The two major impediments to our cycle time that we see are:
· Distributed team (and long feedback loops that result)
· Technical debt (plenty of it)
With respect to being a distributed team, the number one problem is the lack of overlap in our time zones. Between people in EST and MST, things move pretty smoothly. We use all kinds of tools and techniques to communicate, but the point is that if you have a question or want to pair, you can. Between the US and India, it’s a whole other story. The group in India is collocated, so their own interaction is fine, but there is very little overlap in our days, so we end up having to make adjustments in our schedules to accommodate. In India, they stay late. In the US, we’re online early and when we get to daylight savings, we’ll likely switch some to be online later. The big problem is that we are not able to operate as independent teams working on separate projects. Instead, we all need to work on the same codebase. We do have tools in place to help such as a central SubVersion repository, Cruise Control, and a wiki, but if I’m in the middle of my day, I can’t simply pair with someone in India.
The price we pay for this (read extra cost) is in longer feedback loops.
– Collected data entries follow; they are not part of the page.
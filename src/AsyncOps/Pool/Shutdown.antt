-- ===== src/AsyncOps/Pool/Shutdown.antt =====
-- AsyncOps.cpp: when `terminate_scheduler` returns.
use iacore.Base.{
  ℕ, suc, ◌+◌, ◌≤◌, ◌≡◌, refl, ap, Bool, true, false, ◌⊎◌, inl, inr, List, [], ◌∷◌, ◌++◌, arith,
}
use iacore.AsyncOps.Pool.{
  Place, at_head, locking, deciding, asleep, busy, gone, Worker, size, total, holds, sleeps,
  unstopped, holding, sleeping, Pool, joining, returned, Works, tests_stop, finds_nothing, takes,
  blocks, returns, requests, notifies_all, joins, at_place, test_stop, found_nothing, move,
}
use iacore.AsyncOps.Pool.Counts.{total-middle, size-middle, total-move}

-- A run of the workers and of `terminate_scheduler`, and the number of its steps.
pub data Run : ℕ → Pool → Pool → Type 0 where
  stays : {p : Pool} → Run 0 p p
  then : {n : ℕ} {p p' p'' : Pool} → Run n p p' → Works p' p'' → Run (suc n) p p''

-- The steps that a worker takes at most, once it has been asked to stop.
unfoldable pub steps : Place → ℕ
steps at_head = 1
steps locking = 3
steps deciding = 0
steps asleep = 0
steps (busy t) = 2
steps gone = 0

abbrev pub steps_left : List Worker → ℕ
steps_left = total (λ w. steps w.place)

-- Whether a worker is in a task.
unfoldable pub works : Place → ℕ
works at_head = 0
works locking = 0
works deciding = 0
works asleep = 0
works (busy t) = 1
works gone = 0

abbrev pub working : List Worker → ℕ
working = total (λ w. works w.place)

-- The pool is being joined, and nobody is left behind.
unfoldable pub IsLeaving : Pool → Type 0
IsLeaving p =
    (p.closer ≡ joining)
    × (total unstopped p.workers ≡ 0)
    × (sleeping p.workers ≡ 0)
    × (holding p.workers ≡ 0)

-- If everybody has been asked to stop, then each of them has.
pub stopped-true :
    (workers before after : List Worker) (place : Place) (stop : Bool)
    → total unstopped workers ≡ 0
    → workers ≡ before ++ at_place place stop ∷ after
    → stop ≡ true
unfolding unstopped at_place
stopped-true workers before after place true none e = refl
stopped-true workers before after place false none e = absurd (
    omega (
      arith,
      none,
      ap (total unstopped) e,
      total-middle unstopped before after (at_place place false),
    ))

-- What a move does to the numbers.
pub leaving_move :
    (workers before after : List Worker) (place place' : Place) (stop : Bool)
    → workers ≡ before ++ at_place place stop ∷ after
    → let workers' = before ++ at_place place' stop ∷ after in
      (total unstopped workers' ≡ total unstopped workers)
      × (sleeping workers' + sleeps place ≡ sleeping workers + sleeps place')
      × (holding workers' + holds place ≡ holding workers + holds place')
      × (steps_left workers' + steps place ≡ steps_left workers + steps place')
      × (sleeps place' + holds place' ≤ sleeping workers' + holding workers')
unfolding at_place unstopped
leaving_move workers before after place place' stop e =
    let w = at_place place stop in
    let w' = at_place place' stop in
    (
      omega (arith, total-move unstopped workers before after w w' e),
      total-move (λ v. sleeps v.place) workers before after w w' e,
      total-move (λ v. holds v.place) workers before after w w' e,
      total-move (λ v. steps v.place) workers before after w w' e,
      omega (
        arith,
        total-middle (λ v. sleeps v.place) before after w',
        total-middle (λ v. holds v.place) before after w',
      ),
    )

-- While nobody is left behind, each step brings the end nearer, or is the end.
pub Works-IsLeaving :
    {p p' : Pool}
    → Works p p'
    → IsLeaving p
    → (IsLeaving p' × (1 + steps_left p'.workers ≤ steps_left p.workers))
      ⊎ ((p'.closer ≡ returned) × (p'.workers ≡ []))
unfolding move IsLeaving steps sleeps holds test_stop found_nothing
Works-IsLeaving {p} (tests_stop before after false e) (closer, asked, none, free) =
    let asked' = stopped-true p.workers before after at_head false asked e in cc
Works-IsLeaving {p} (tests_stop before after true e) (closer, asked, none, free) =
    let (s1, s2, s3, s4, s5) = leaving_move p.workers before after at_head gone true e in
    inl ((closer, omega arith, omega arith, omega arith), omega arith)
Works-IsLeaving {p} (finds_nothing before after false e idle found) (closer, asked, none, free) =
    let asked' = stopped-true p.workers before after locking false asked e in cc
Works-IsLeaving {p} (finds_nothing before after true e idle found) (closer, asked, none, free) =
    let (s1, s2, s3, s4, s5) = leaving_move p.workers before after locking gone true e in
    inl ((closer, omega arith, omega arith, omega arith), omega arith)
Works-IsLeaving {p} (takes before after stop t others s e idle found same)
      (closer, asked, none, free) =
    let (s1, s2, s3, s4, s5) = leaving_move p.workers before after locking (busy t) stop e in
    inl ((closer, omega arith, omega arith, omega arith), omega arith)
Works-IsLeaving {p} (blocks before after stop e) (closer, asked, none, free) =
    let (s1, s2, s3, s4, s5) = leaving_move p.workers before after deciding asleep stop e in
    absurd (omega arith)
Works-IsLeaving {p} (returns before after stop t later earlier e running)
      (closer, asked, none, free) =
    let (s1, s2, s3, s4, s5) = leaving_move p.workers before after (busy t) at_head stop e in
    inl ((closer, omega arith, omega arith, omega arith), omega arith)
Works-IsLeaving (requests e some) (closer, asked, none, free) = cc
Works-IsLeaving (notifies_all e asked') (closer, asked, none, free) = cc
Works-IsLeaving (joins e left) (closer, asked, none, free) = inr (refl, refl)

-- Where the workers are gone, nobody moves.
pub Works-none : {p p' : Pool} → Works p p' → p.closer ≡ returned → size p.workers ≡ 0 → 1 ≤ 0
Works-none (tests_stop before after stop e) over none =
    omega (arith, ap size e, size-middle before after (at_place at_head stop))
Works-none (finds_nothing before after stop e idle found) over none =
    omega (arith, ap size e, size-middle before after (at_place locking stop))
Works-none (takes before after stop t others s e idle found same) over none =
    omega (arith, ap size e, size-middle before after (at_place locking stop))
Works-none (blocks before after stop e) over none =
    omega (arith, ap size e, size-middle before after (at_place deciding stop))
Works-none (returns before after stop t later earlier e running) over none =
    omega (arith, ap size e, size-middle before after (at_place (busy t) stop))
Works-none (requests e some) over none = cc
Works-none (notifies_all e asked) over none = cc
Works-none (joins e left) over none = cc
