-- ===== src/AsyncOps/Pool/Stops.antt =====
-- AsyncOps.cpp: `terminate_scheduler` returns when no worker is about to sleep at its notification.
use iacore.Base.{
  ℕ, zero, suc, ◌+◌, ◌*◌, ◌≤◌, ◌<◌, ◌≡◌, refl, ap, Bool, ◌⊎◌, inl, inr, List, [], ◌∷◌, ◌++◌, arith,
}
use iacore.AsyncOps.{ScheduledTask, Scheduler, nothing, begins, take_from, take_task}
use iacore.AsyncOps.Pool.{
  Place, at_head, locking, deciding, asleep, busy, gone, Worker, size, total, holds, sleeps,
  present, unstopped, holding, sleeping, remaining, Pool, joining, returned, Works, tests_stop,
  finds_nothing, takes, joins, at_place, notify_all,
}
use iacore.AsyncOps.Pool.Counts.{
  total-middle, sleeping-notify_all, holding-notify_all, unstopped-notify_all,
}
use iacore.AsyncOps.Pool.Shutdown.{
  Run, stays, then, steps, steps_left, works, working, IsLeaving, Works-IsLeaving, Works-none,
}

present-cases : (place : Place) → (present place ≡ 1) ⊎ (present place ≡ 0)
unfolding present
present-cases at_head = inl refl
present-cases locking = inl refl
present-cases deciding = inl refl
present-cases asleep = inl refl
present-cases (busy t) = inl refl
present-cases gone = inr refl

zero-cases : (n : ℕ) → (n ≡ 0) ⊎ (0 < n)
zero-cases zero = inl refl
zero-cases (suc n) = inr (omega arith)

-- A worker that has not left.
remaining-found :
    (workers : List Worker)
    → 0 < remaining workers
    → (before : List Worker) × (w : Worker) × (after : List Worker) × (workers
        ≡ before ++ w ∷ after)
      × (present w.place ≡ 1)
unfolding total
remaining-found [] some = absurd (omega (arith, some))
remaining-found (w ∷ workers) some = elim (present-cases w.place) [
  | inl here ↦ ([], w, workers, refl, here)
  | inr left ↦
      let (before, v, after, e, here) = remaining-found workers (omega (arith, some, left)) in
      (w ∷ before, v, after, ap (λ ws. w ∷ ws) e, here)
]

-- A section under the mutex finds nothing, or a task, which it begins to run.
take_from-cases :
    (first second : List ScheduledTask) (s : Scheduler)
    → (take_from first second s ≡ nothing)
      ⊎ ((s' : Scheduler) × (t : ScheduledTask) × (others : List ScheduledTask) × (take_from first
              second s
            ≡ begins s')
          × (s'.running ≡ t ∷ others))
unfolding take_from
take_from-cases (t ∷ first) second s = inr (_, t, s.running, refl, refl)
take_from-cases [] (t ∷ second) s = inr (_, t, s.running, refl, refl)
take_from-cases [] [] s = inl refl

-- The step of a worker that has not left, unless it is in its task.
worker-progress :
    (p : Pool) (before after : List Worker) (place : Place) (stop : Bool)
    → p.workers ≡ before ++ at_place place stop ∷ after
    → present place ≡ 1
    → sleeping p.workers ≡ 0
    → holding p.workers ≡ 0
    → ((p' : Pool) × Works p p') ⊎ (0 < working p.workers)
unfolding present sleeps holds works take_task at_place
worker-progress p before after at_head stop e here none free =
    inl (_, tests_stop before after stop e)
worker-progress p before after locking stop e here none free =
    elim (take_from-cases p.scheduler.high_priority_queue p.scheduler.normal_priority_queue
      p.scheduler) [
        | inl empty ↦ inl (_, finds_nothing before after stop e free empty)
        | inr (s, t, others, found, running) ↦
            inl (_, takes before after stop t others s e free found running)
      ]
worker-progress p before after deciding stop e here none free = absurd (
    omega (
      arith,
      ap holding e,
      total-middle (λ w. holds w.place) before after (at_place deciding stop),
    ))
worker-progress p before after asleep stop e here none free = absurd (
    omega (
      arith,
      ap sleeping e,
      total-middle (λ w. sleeps w.place) before after (at_place asleep stop),
    ))
worker-progress p before after (busy t) stop e here none free = inr (
    omega (
      arith,
      ap working e,
      total-middle (λ w. works w.place) before after (at_place (busy t) stop),
    ))
worker-progress p before after gone stop e here none free = absurd (omega (arith, here))

leaving-progress : (p : Pool) → IsLeaving p → ((p' : Pool) × Works p p') ⊎ (0 < working p.workers)
unfolding IsLeaving at_place
leaving-progress p (closer, asked, none, free) = elim (zero-cases (remaining p.workers)) [
  | inl empty ↦ inl (_, joins closer empty)
  | inr some ↦
      let (before, w, after, e, here) = remaining-found p.workers some in
      worker-progress p before after w.place w.stop_requested e here none free
]

-- After any number of steps the pool is still leaving, with as many steps fewer left, or the end was reached.
pub Run-IsLeaving :
    {n : ℕ} {p p' : Pool}
    → Run n p p'
    → IsLeaving p
    → (IsLeaving p' × (n + steps_left p'.workers ≤ steps_left p.workers))
      ⊎ ((p'.closer ≡ returned) × (p'.workers ≡ []) × (n ≤ steps_left p.workers + 1))
unfolding size
Run-IsLeaving stays i = inl (i, omega arith)
Run-IsLeaving (then run step) i = elim (Run-IsLeaving run i) [
  | inl (i', fewer) ↦ elim (Works-IsLeaving step i') [
    | inl (i'', nearer) ↦ inl (i'', omega arith)
    | inr (over, none) ↦ inr (over, none, omega arith)
  ]
  | inr (over, none, few) ↦ absurd (omega (arith, Works-none step over (ap size none)))
]

steps-bound : (place : Place) → steps place ≤ 3
unfolding steps
steps-bound at_head = omega arith
steps-bound locking = omega arith
steps-bound deciding = omega arith
steps-bound asleep = omega arith
steps-bound (busy t) = omega arith
steps-bound gone = omega arith

steps_left-size : (workers : List Worker) → steps_left workers ≤ 3 * size workers
unfolding total size
steps_left-size [] = omega arith
steps_left-size (w ∷ workers) = omega (arith, steps-bound w.place, steps_left-size workers)

pub size-notify_all : (workers : List Worker) → size (notify_all workers) ≡ size workers
unfolding notify_all size
size-notify_all [] = refl
size-notify_all (w ∷ workers) = ap (λ n. 1 + n) (size-notify_all workers)

pub notified-returns :
    (p : Pool)
    → total unstopped p.workers ≡ 0
    → holding p.workers ≡ 0
    → {n : ℕ} {p' : Pool} → Run n (record p { workers = notify_all p.workers; closer = joining }) p'
    → (n ≤ 3 * size p.workers + 1)
      × (((p'.closer ≡ returned) × (p'.workers ≡ []))
          ⊎ (((p'' : Pool) × Works p' p'') ⊎ (0 < working p'.workers)))
unfolding IsLeaving
notified-returns p asked free run =
    let ws = p.workers in
    let bound = steps_left-size (notify_all ws) in
    let same = size-notify_all ws in
    let leaving : IsLeaving (record p { workers = notify_all ws; closer = joining }) = (
      refl,
      omega (arith, asked, unstopped-notify_all ws),
      sleeping-notify_all ws,
      omega (arith, free, holding-notify_all ws),
    ) in
    elim (Run-IsLeaving run leaving) [
      | inl (i, fewer) ↦ (omega arith, inr (leaving-progress _ i))
      | inr (over, none, few) ↦ (omega arith, inl (over, none))
    ]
Instead of pairing on a piece of code, I code it; check it in; wait for review comments tomorrow. And we have to pay close attention to having detailed written communication to manage the handoffs effectively. We are of course operating under the mantra of “communication rather documentation” but notes in a wiki and email always fall short of face-to-face or a phone call.
On the topic of technical debt, there has also been recent threads (and even a mini-conference coming up at the end of the week) looking for a better metaphor such as flipping it on its head and making technical investments rather than call it technical debt, but anyway I’ll assume you know what I mean. Our number one debt is legacy code with no automated tests. For this reason, we do work on stories that are nothing but get a particular feature at least under some sort of automated test. The other big class of debt is a non-OO base which means to reuse anything it must first always be refactored. This combined with the lack of tests means moving pretty slowly to try to avoid incurring bugs.
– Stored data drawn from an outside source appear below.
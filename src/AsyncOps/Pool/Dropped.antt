-- ===== src/AsyncOps/Pool/Dropped.antt =====
-- AsyncOps.cpp: the tasks that `terminate_scheduler` leaves in the queues.
use iacore.Base.{
  ℕ, ◌+◌, ◌*◌, ◌≤◌, ◌<◌, ◌≡◌, ◌⊎◌, refl, ap, Bool, true, false, inl, inr, List, [], ◌∷◌, ◌++◌,
  arith,
}
use iacore.AsyncOps.{finish_task}
use iacore.AsyncOps.Pool.{
  Place, at_head, locking, deciding, asleep, busy, gone, Worker, size, total, present, unstopped,
  holding, remaining, Pool, joining, Works, tests_stop, finds_nothing, takes, blocks, returns,
  returned, requests, notifies_all, joins, at_place, test_stop, found_nothing, move, notify_all,
}
use iacore.AsyncOps.Pool.Counts.{
  total-move, queued, take_task-begins, sleeping-notify_all, holding-notify_all,
  unstopped-notify_all,
}
use iacore.AsyncOps.Pool.Shutdown.{Run, stays, then, IsLeaving, working, stopped-true, Works-none}
use iacore.AsyncOps.Pool.Stops.{Run-IsLeaving, size-notify_all, notified-returns}

-- Whether a worker is past the head of its loop, on its way to the queues.
unfoldable pub locks : Place → ℕ
locks at_head = 0
locks locking = 1
locks deciding = 0
locks asleep = 0
locks (busy t) = 0
locks gone = 0

abbrev pub locked : List Worker → ℕ
locked = total (λ w. locks w.place)

locks-bound : (place : Place) → locks place ≤ present place
unfolding locks present
locks-bound at_head = omega arith
locks-bound locking = omega arith
locks-bound deciding = omega arith
locks-bound asleep = omega arith
locks-bound (busy t) = omega arith
locks-bound gone = omega arith

locked-remaining : (workers : List Worker) → locked workers ≤ remaining workers
unfolding total
locked-remaining [] = omega arith
locked-remaining (w ∷ workers) = omega (arith, locks-bound w.place, locked-remaining workers)

present-one : (place : Place) → present place ≤ 1
unfolding present
present-one at_head = omega arith
present-one locking = omega arith
present-one deciding = omega arith
present-one asleep = omega arith
present-one (busy t) = omega arith
present-one gone = omega arith

locked-size : (workers : List Worker) → locked workers ≤ size workers
unfolding total size
locked-size [] = omega arith
locked-size (w ∷ workers) =
    omega (arith, locks-bound w.place, present-one w.place, locked-size workers)

locked-move :
    (workers before after : List Worker) (place place' : Place) (stop : Bool)
    → workers ≡ before ++ at_place place stop ∷ after
    → locked (before ++ at_place place' stop ∷ after) + locks place ≡ locked workers + locks place'
unfolding at_place
locked-move workers before after place place' stop e =
    total-move (λ w. locks w.place) workers before after (at_place place stop)
      (at_place place' stop) e

-- A task leaves the queues only with a worker that was on its way to them.
Works-kept :
    {p p' : Pool}
    → Works p p'
    → IsLeaving p
    → queued p.scheduler + locked p'.workers ≤ queued p'.scheduler + locked p.workers
unfolding move IsLeaving locks test_stop found_nothing queued finish_task total
Works-kept {p} (tests_stop before after false e) (closer, asked, none, free) =
    let asked' = stopped-true p.workers before after at_head false asked e in cc
Works-kept {p} (tests_stop before after true e) (closer, asked, none, free) =
    omega (arith, locked-move p.workers before after at_head gone true e)
Works-kept {p} (finds_nothing before after false e idle found) (closer, asked, none, free) =
    let asked' = stopped-true p.workers before after locking false asked e in cc
Works-kept {p} (finds_nothing before after true e idle found) (closer, asked, none, free) =
    omega (arith, locked-move p.workers before after locking gone true e)
Works-kept {p} (takes before after stop t others s e idle found same) (closer, asked, none, free) =
    omega (
      arith,
      locked-move p.workers before after locking (busy t) stop e,
      take_task-begins p.scheduler s found,
    )
Works-kept {p} (blocks before after stop e) (closer, asked, none, free) =
    omega (arith, locked-move p.workers before after deciding asleep stop e)
Works-kept {p} (returns before after stop t later earlier e running) (closer, asked, none, free) =
    omega (arith, locked-move p.workers before after (busy t) at_head stop e)
Works-kept (requests e some) (closer, asked, none, free) = cc
Works-kept (notifies_all e asked') (closer, asked, none, free) = cc
Works-kept {p} (joins e left) (closer, asked, none, free) =
    omega (arith, locked-remaining p.workers)

Run-kept :
    {n : ℕ} {p p' : Pool}
    → Run n p p'
    → IsLeaving p
    → queued p.scheduler + locked p'.workers ≤ queued p'.scheduler + locked p.workers
unfolding size
Run-kept stays i = omega arith
Run-kept (then run step) i = elim (Run-IsLeaving run i) [
  | inl (i', fewer) ↦ omega (arith, Run-kept run i, Works-kept step i')
  | inr (over, none, few) ↦ absurd (omega (arith, Works-none step over (ap size none)))
]

notified-kept :
    (p : Pool)
    → total unstopped p.workers ≡ 0
    → holding p.workers ≡ 0
    → {n : ℕ} {p' : Pool} → Run n (record p { workers = notify_all p.workers; closer = joining }) p'
    → queued p.scheduler ≤ queued p'.scheduler + size p.workers
unfolding IsLeaving queued
notified-kept p asked free run =
    let ws = p.workers in
    let leaving : IsLeaving (record p { workers = notify_all ws; closer = joining }) = (
      refl,
      omega (arith, asked, unstopped-notify_all ws),
      sleeping-notify_all ws,
      omega (arith, free, holding-notify_all ws),
    ) in
    omega (arith, Run-kept run leaving, locked-size (notify_all ws), size-notify_all ws)

-- When every worker has been asked to stop, and none is between its test and its sleep at the notification of
-- `terminate_scheduler`, then every run of the workers after it has at most 3 steps for each of them and one more; at its
-- end `terminate_scheduler` has returned with no worker left, or a step is possible, or a worker is in a task, which may
-- not return; and in all the run the workers have taken at most one task each, all others are still in the queues.
pub notified-ends :
    (p : Pool)
    → total unstopped p.workers ≡ 0
    → holding p.workers ≡ 0
    → {n : ℕ} {p' : Pool} → Run n (record p { workers = notify_all p.workers; closer = joining }) p'
    → (n ≤ 3 * size p.workers + 1)
      × (((p'.closer ≡ returned) × (p'.workers ≡ []))
          ⊎ (((p'' : Pool) × Works p' p'') ⊎ (0 < working p'.workers)))
      × (queued p.scheduler ≤ queued p'.scheduler + size p.workers)
notified-ends p asked free run =
    let (bound, end) = notified-returns p asked free run in
    (bound, end, notified-kept p asked free run)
Outside of keeping focused on those two topics, we’ve employed a Kanban process to reduce the number of stories in progress at any given moment. It’s normal for a collocated team to only work on as many stories as the number of pairs will allow. If you’re blocked on any given story, you find and ask the right person and move on. With a distributed team, it’s very tempting if you have to wait 12 to 24 hours for an answer to put the blocked story on hold and start another story. But this leads us down the path of additional context switching (among n+1 stories now) and of course incurs additional waste by putting story 1 in inventory while beginning to build inventory around story 2. A limited number of Kanban tickets are how we at least limit this amount of waste.
On a more practical level, what happens when we start even more stories is that we end up with even more stories blocked over time due to lack of attention and this directly increases (rather than reduce) our cycle time. This to me is direct evidence that cycle time is far more important than efficiency. It’s efficiency and wanting to efficiently use those programmer hours that tempts you to start yet another story. Yet it turns around and has a negative impact on the number of stories you can get done.
I’m very interested to hear any suggestions from people out there as to what you think we could do to improve. Or if you think we just need to plug along and get the technical debt down enough that we can finally starting flowing faster?
Lastly, it occurs to me that actually drawing out a value stream map and looking there for waste may be a valuable step. With that, it seems the real cycle time is from the point of having a story defined to the point that it is in production. Which raises the question: is that the cycle time we should be tracking and minimizing to truly “optimize the whole”?